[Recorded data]
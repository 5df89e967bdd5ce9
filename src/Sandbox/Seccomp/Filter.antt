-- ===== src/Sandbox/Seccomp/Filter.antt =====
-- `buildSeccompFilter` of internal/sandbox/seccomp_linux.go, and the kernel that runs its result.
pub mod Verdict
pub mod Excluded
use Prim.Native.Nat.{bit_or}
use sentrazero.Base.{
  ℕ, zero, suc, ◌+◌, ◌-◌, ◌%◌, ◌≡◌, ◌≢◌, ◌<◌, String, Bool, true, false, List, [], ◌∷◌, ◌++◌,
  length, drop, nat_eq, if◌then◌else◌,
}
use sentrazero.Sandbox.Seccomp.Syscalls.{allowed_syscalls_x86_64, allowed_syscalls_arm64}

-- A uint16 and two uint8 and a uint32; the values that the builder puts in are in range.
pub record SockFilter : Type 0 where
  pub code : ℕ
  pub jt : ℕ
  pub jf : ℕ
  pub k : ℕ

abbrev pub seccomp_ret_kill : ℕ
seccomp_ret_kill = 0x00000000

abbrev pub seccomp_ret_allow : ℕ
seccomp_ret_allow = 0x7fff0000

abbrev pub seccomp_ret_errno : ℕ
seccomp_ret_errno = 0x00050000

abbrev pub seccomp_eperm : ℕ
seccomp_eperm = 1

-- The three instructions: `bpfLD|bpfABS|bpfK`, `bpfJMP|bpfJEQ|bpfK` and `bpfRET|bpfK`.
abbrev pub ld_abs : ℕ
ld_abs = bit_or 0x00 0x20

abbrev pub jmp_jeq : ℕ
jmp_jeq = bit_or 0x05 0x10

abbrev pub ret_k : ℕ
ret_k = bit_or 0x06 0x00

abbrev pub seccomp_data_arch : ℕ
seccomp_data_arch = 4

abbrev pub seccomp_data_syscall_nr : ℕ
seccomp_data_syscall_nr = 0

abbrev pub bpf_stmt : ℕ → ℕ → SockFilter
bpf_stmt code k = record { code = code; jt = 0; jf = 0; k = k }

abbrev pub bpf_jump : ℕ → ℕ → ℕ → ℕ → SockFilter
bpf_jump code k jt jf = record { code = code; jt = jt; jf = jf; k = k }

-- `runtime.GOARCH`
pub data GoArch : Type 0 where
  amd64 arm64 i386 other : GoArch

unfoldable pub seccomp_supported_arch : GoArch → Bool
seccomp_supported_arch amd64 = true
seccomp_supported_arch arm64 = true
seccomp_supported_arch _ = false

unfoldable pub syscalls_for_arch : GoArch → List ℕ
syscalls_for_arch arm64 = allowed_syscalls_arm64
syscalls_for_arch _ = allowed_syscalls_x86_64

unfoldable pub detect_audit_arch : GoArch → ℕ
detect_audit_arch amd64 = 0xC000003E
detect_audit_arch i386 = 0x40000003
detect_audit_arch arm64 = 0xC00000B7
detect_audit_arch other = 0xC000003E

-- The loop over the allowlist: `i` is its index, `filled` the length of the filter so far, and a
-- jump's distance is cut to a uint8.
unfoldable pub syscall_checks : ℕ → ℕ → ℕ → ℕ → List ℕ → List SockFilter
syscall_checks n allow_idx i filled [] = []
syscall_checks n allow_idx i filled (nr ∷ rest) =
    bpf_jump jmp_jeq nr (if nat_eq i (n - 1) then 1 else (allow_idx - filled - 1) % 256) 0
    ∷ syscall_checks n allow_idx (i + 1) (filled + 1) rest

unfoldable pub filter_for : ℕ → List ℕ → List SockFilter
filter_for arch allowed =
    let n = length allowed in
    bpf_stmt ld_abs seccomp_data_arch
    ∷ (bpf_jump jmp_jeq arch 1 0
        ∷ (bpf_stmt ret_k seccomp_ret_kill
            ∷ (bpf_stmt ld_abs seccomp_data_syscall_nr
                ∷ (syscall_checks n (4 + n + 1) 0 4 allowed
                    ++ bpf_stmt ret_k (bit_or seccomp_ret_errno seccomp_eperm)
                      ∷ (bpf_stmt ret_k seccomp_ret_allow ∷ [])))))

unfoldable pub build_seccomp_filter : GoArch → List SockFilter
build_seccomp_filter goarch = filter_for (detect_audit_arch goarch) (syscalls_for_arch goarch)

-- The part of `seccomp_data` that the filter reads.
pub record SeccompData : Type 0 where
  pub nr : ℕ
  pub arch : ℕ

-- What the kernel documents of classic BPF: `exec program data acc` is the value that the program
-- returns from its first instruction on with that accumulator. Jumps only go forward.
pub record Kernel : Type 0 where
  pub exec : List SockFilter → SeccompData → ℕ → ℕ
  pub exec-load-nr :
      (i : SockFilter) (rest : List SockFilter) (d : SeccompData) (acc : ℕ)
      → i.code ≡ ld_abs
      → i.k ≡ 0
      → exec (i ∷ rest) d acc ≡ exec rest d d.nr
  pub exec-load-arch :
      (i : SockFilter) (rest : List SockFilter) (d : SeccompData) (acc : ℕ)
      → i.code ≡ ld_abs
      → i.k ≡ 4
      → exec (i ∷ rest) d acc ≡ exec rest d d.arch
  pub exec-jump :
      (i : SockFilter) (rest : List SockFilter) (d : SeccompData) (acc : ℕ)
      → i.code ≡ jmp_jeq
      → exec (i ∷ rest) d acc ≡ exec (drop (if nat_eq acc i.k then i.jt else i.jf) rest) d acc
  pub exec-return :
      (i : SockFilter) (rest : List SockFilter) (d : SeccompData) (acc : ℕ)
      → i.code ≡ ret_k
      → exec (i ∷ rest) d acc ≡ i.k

→ **Assignment**
Each line above should appear again, reproduced exactly.

→ **Answer below**
repository 5df89e967bdd5ce9
filename src/Sandbox/Seccomp/Filter.antt
-- ===== src/Sandbox/Seccomp/Filter.antt =====
-- `buildSeccompFilter` of internal/sandbox/seccomp_linux.go, and the kernel that runs its result.
pub mod Verdict
pub mod Excluded
use Prim.Native.Nat.{bit_or}
use sentrazero.Base.{
  ℕ, zero, suc, ◌+◌, ◌-◌, ◌%◌, ◌≡◌, ◌≢◌, ◌<◌, String, Bool, true, false, List, [], ◌∷◌, ◌++◌,
  length, drop, nat_eq, if◌then◌else◌,
}
use sentrazero.Sandbox.Seccomp.Syscalls.{allowed_syscalls_x86_64, allowed_syscalls_arm64}

-- A uint16 and two uint8 and a uint32; the values that the builder puts in are in range.
pub record SockFilter : Type 0 where
  pub code : ℕ
  pub jt : ℕ
  pub jf : ℕ
  pub k : ℕ

abbrev pub seccomp_ret_kill : ℕ
seccomp_ret_kill = 0x00000000

abbrev pub seccomp_ret_allow : ℕ
seccomp_ret_allow = 0x7fff0000

abbrev pub seccomp_ret_errno : ℕ
seccomp_ret_errno = 0x00050000

abbrev pub seccomp_eperm : ℕ
seccomp_eperm = 1

-- The three instructions: `bpfLD|bpfABS|bpfK`, `bpfJMP|bpfJEQ|bpfK` and `bpfRET|bpfK`.
abbrev pub ld_abs : ℕ
ld_abs = bit_or 0x00 0x20

abbrev pub jmp_jeq : ℕ
jmp_jeq = bit_or 0x05 0x10

abbrev pub ret_k : ℕ
ret_k = bit_or 0x06 0x00

abbrev pub seccomp_data_arch : ℕ
seccomp_data_arch = 4

abbrev pub seccomp_data_syscall_nr : ℕ
seccomp_data_syscall_nr = 0

abbrev pub bpf_stmt : ℕ → ℕ → SockFilter
bpf_stmt code k = record { code = code; jt = 0; jf = 0; k = k }

abbrev pub bpf_jump : ℕ → ℕ → ℕ → ℕ → SockFilter
bpf_jump code k jt jf = record { code = code; jt = jt; jf = jf; k = k }

-- `runtime.GOARCH`
pub data GoArch : Type 0 where
  amd64 arm64 i386 other : GoArch

unfoldable pub seccomp_supported_arch : GoArch → Bool
seccomp_supported_arch amd64 = true
seccomp_supported_arch arm64 = true
seccomp_supported_arch _ = false

unfoldable pub syscalls_for_arch : GoArch → List ℕ
syscalls_for_arch arm64 = allowed_syscalls_arm64
syscalls_for_arch _ = allowed_syscalls_x86_64

unfoldable pub detect_audit_arch : GoArch → ℕ
detect_audit_arch amd64 = 0xC000003E
detect_audit_arch i386 = 0x40000003
detect_audit_arch arm64 = 0xC00000B7
detect_audit_arch other = 0xC000003E

-- The loop over the allowlist: `i` is its index, `filled` the length of the filter so far, and a
-- jump's distance is cut to a uint8.
unfoldable pub syscall_checks : ℕ → ℕ → ℕ → ℕ → List ℕ → List SockFilter
syscall_checks n allow_idx i filled [] = []
syscall_checks n allow_idx i filled (nr ∷ rest) =
    bpf_jump jmp_jeq nr (if nat_eq i (n - 1) then 1 else (allow_idx - filled - 1) % 256) 0
    ∷ syscall_checks n allow_idx (i + 1) (filled + 1) rest

unfoldable pub filter_for : ℕ → List ℕ → List SockFilter
filter_for arch allowed =
    let n = length allowed in
    bpf_stmt ld_abs seccomp_data_arch
    ∷ (bpf_jump jmp_jeq arch 1 0
        ∷ (bpf_stmt ret_k seccomp_ret_kill
            ∷ (bpf_stmt ld_abs seccomp_data_syscall_nr
                ∷ (syscall_checks n (4 + n + 1) 0 4 allowed
                    ++ bpf_stmt ret_k (bit_or seccomp_ret_errno seccomp_eperm)
                      ∷ (bpf_stmt ret_k seccomp_ret_allow ∷ [])))))

unfoldable pub build_seccomp_filter : GoArch → List SockFilter
build_seccomp_filter goarch = filter_for (detect_audit_arch goarch) (syscalls_for_arch goarch)

-- The part of `seccomp_data` that the filter reads.
pub record SeccompData : Type 0 where
  pub nr : ℕ
  pub arch : ℕ

-- What the kernel documents of classic BPF: `exec program data acc` is the value that the program
-- returns from its first instruction on with that accumulator. Jumps only go forward.
pub record Kernel : Type 0 where
  pub exec : List SockFilter → SeccompData → ℕ → ℕ
  pub exec-load-nr :
      (i : SockFilter) (rest : List SockFilter) (d : SeccompData) (acc : ℕ)
      → i.code ≡ ld_abs
      → i.k ≡ 0
      → exec (i ∷ rest) d acc ≡ exec rest d d.nr
  pub exec-load-arch :
      (i : SockFilter) (rest : List SockFilter) (d : SeccompData) (acc : ℕ)
      → i.code ≡ ld_abs
      → i.k ≡ 4
      → exec (i ∷ rest) d acc ≡ exec rest d d.arch
  pub exec-jump :
      (i : SockFilter) (rest : List SockFilter) (d : SeccompData) (acc : ℕ)
      → i.code ≡ jmp_jeq
      → exec (i ∷ rest) d acc ≡ exec (drop (if nat_eq acc i.k then i.jt else i.jf) rest) d acc
  pub exec-return :
      (i : SockFilter) (rest : List SockFilter) (d : SeccompData) (acc : ℕ)
      → i.code ≡ ret_k
      → exec (i ∷ rest) d acc ≡ i.k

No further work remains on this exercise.